Exercise aim — Please give back, word for word, only the lines starting at the one containing "(pincode / 256" and ending at the one containing "(is_size-size _ 16 e))" within the material below.

Data for review —
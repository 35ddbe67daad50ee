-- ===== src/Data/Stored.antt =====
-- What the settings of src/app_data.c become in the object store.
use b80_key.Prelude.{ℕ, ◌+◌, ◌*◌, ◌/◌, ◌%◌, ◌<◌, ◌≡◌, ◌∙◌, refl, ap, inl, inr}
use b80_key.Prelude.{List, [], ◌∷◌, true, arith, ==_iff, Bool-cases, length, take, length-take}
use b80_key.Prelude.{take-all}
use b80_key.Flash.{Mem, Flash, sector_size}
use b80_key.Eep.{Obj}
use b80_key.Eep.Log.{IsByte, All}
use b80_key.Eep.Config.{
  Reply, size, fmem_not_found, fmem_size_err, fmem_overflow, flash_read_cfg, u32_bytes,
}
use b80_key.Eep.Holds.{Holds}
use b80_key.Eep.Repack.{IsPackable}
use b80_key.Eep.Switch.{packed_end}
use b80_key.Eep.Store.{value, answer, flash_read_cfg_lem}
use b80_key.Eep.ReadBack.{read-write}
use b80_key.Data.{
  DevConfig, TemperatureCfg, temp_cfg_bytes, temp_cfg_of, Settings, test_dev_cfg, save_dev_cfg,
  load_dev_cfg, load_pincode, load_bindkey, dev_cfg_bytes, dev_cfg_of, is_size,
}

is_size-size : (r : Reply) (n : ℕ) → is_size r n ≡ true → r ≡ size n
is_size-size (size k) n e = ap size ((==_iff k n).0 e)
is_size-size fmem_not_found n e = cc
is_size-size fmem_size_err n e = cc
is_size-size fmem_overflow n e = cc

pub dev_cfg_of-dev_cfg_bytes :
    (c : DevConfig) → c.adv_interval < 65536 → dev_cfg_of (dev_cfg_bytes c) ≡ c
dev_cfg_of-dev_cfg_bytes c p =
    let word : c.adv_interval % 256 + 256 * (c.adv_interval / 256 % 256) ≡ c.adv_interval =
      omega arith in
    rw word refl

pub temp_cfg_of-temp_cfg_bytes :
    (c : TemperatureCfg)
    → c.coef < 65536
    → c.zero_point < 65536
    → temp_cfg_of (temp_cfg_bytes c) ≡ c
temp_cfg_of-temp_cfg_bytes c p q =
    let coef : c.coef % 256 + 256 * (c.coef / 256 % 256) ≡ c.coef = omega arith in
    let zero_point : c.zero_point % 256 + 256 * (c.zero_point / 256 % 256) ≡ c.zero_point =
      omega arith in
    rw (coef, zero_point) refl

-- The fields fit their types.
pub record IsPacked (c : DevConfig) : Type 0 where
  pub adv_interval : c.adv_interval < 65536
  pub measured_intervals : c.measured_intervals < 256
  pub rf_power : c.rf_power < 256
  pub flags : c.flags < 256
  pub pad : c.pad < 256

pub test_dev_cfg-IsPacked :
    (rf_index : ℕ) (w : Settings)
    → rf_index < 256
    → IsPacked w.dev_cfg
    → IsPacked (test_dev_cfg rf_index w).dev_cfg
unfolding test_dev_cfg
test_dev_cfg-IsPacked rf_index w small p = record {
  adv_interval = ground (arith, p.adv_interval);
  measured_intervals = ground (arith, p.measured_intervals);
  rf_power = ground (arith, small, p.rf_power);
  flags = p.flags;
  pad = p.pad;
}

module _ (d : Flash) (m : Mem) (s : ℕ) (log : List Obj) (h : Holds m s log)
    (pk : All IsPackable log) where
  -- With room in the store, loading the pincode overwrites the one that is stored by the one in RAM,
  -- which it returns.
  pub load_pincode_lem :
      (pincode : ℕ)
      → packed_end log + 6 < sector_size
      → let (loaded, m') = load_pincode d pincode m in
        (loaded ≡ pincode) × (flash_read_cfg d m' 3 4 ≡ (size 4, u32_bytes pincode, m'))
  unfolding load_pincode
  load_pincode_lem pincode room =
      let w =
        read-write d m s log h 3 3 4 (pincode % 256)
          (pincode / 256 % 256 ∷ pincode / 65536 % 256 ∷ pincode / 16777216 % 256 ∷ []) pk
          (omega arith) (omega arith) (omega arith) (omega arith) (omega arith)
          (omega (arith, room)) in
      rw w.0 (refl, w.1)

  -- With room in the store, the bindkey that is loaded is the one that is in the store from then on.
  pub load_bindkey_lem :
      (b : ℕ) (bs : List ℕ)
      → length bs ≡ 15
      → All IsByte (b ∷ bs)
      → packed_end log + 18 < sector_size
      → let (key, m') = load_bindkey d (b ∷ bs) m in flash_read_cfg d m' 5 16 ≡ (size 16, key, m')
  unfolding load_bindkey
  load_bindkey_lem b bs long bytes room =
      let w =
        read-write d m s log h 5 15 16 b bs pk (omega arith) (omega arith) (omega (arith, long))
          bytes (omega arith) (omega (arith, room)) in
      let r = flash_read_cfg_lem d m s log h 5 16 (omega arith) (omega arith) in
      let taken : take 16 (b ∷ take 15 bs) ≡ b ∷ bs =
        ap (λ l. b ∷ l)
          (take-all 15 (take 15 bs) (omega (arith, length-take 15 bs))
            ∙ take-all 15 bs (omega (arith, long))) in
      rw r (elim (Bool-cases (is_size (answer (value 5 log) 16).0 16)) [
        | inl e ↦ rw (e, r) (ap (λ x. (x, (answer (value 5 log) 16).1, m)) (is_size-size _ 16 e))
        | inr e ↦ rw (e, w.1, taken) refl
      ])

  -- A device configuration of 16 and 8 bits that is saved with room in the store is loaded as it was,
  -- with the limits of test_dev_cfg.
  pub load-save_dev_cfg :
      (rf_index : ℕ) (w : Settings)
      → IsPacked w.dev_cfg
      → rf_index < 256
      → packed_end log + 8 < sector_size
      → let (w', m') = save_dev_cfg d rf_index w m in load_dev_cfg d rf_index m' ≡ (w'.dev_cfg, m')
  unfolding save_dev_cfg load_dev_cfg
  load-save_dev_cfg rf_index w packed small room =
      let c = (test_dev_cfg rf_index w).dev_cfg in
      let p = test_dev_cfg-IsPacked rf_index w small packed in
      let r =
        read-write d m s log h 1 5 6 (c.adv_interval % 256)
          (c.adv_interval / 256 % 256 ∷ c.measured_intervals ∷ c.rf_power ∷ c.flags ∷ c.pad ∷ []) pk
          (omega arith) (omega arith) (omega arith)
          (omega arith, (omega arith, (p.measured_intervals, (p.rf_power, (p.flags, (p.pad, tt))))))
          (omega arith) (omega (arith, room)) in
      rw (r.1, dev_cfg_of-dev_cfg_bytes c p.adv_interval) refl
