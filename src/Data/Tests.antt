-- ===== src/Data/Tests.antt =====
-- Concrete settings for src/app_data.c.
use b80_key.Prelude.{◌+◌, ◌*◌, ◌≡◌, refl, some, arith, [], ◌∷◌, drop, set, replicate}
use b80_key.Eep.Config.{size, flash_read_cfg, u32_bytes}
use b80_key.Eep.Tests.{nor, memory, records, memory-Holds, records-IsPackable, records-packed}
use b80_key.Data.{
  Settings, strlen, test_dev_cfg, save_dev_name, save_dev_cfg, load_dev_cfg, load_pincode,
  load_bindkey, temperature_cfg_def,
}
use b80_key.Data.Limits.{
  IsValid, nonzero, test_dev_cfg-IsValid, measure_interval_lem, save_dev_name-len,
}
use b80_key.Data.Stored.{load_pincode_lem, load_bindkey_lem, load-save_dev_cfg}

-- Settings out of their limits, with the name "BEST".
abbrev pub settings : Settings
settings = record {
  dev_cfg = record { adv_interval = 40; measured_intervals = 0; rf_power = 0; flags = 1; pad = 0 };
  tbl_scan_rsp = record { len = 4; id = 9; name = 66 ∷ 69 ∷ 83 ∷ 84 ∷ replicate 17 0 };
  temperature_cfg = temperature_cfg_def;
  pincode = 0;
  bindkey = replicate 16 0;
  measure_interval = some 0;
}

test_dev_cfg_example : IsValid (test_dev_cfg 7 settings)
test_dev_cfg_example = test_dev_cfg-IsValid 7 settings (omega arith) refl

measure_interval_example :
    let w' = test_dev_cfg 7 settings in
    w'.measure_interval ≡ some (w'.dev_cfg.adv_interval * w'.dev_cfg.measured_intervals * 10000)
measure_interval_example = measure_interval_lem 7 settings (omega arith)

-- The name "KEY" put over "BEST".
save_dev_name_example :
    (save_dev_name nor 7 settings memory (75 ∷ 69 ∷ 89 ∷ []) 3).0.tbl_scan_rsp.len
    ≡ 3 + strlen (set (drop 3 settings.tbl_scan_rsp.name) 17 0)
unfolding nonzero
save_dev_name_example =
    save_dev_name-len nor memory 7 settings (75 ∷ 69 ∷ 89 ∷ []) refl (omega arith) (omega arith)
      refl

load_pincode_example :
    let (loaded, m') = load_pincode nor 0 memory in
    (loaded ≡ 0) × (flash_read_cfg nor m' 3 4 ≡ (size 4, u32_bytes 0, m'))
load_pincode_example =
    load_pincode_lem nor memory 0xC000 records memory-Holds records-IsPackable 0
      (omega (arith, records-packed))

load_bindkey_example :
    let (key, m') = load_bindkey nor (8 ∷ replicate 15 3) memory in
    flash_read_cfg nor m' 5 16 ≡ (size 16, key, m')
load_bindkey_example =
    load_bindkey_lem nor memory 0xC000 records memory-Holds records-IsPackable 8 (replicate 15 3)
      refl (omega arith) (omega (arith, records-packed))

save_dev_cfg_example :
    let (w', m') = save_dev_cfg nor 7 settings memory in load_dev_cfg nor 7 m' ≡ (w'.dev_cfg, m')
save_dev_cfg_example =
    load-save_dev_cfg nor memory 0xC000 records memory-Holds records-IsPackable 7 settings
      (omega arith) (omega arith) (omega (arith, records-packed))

Problem solution —
          (pincode / 256 % 256 ∷ pincode / 65536 % 256 ∷ pincode / 16777216 % 256 ∷ []) pk
          (omega arith) (omega arith) (omega arith) (omega arith) (omega arith)
          (omega (arith, room)) in
      rw w.0 (refl, w.1)

  -- With room in the store, the bindkey that is loaded is the one that is in the store from then on.
  pub load_bindkey_lem :
      (b : ℕ) (bs : List ℕ)
      → length bs ≡ 15
      → All IsByte (b ∷ bs)
      → packed_end log + 18 < sector_size
      → let (key, m') = load_bindkey d (b ∷ bs) m in flash_read_cfg d m' 5 16 ≡ (size 16, key, m')
  unfolding load_bindkey
  load_bindkey_lem b bs long bytes room =
      let w =
        read-write d m s log h 5 15 16 b bs pk (omega arith) (omega arith) (omega (arith, long))
          bytes (omega arith) (omega (arith, room)) in
      let r = flash_read_cfg_lem d m s log h 5 16 (omega arith) (omega arith) in
      let taken : take 16 (b ∷ take 15 bs) ≡ b ∷ bs =
        ap (λ l. b ∷ l)
          (take-all 15 (take 15 bs) (omega (arith, length-take 15 bs))
            ∙ take-all 15 bs (omega (arith, long))) in
      rw r (elim (Bool-cases (is_size (answer (value 5 log) 16).0 16)) [
        | inl e ↦ rw (e, r) (ap (λ x. (x, (answer (value 5 log) 16).1, m)) (is_size-size _ 16 e))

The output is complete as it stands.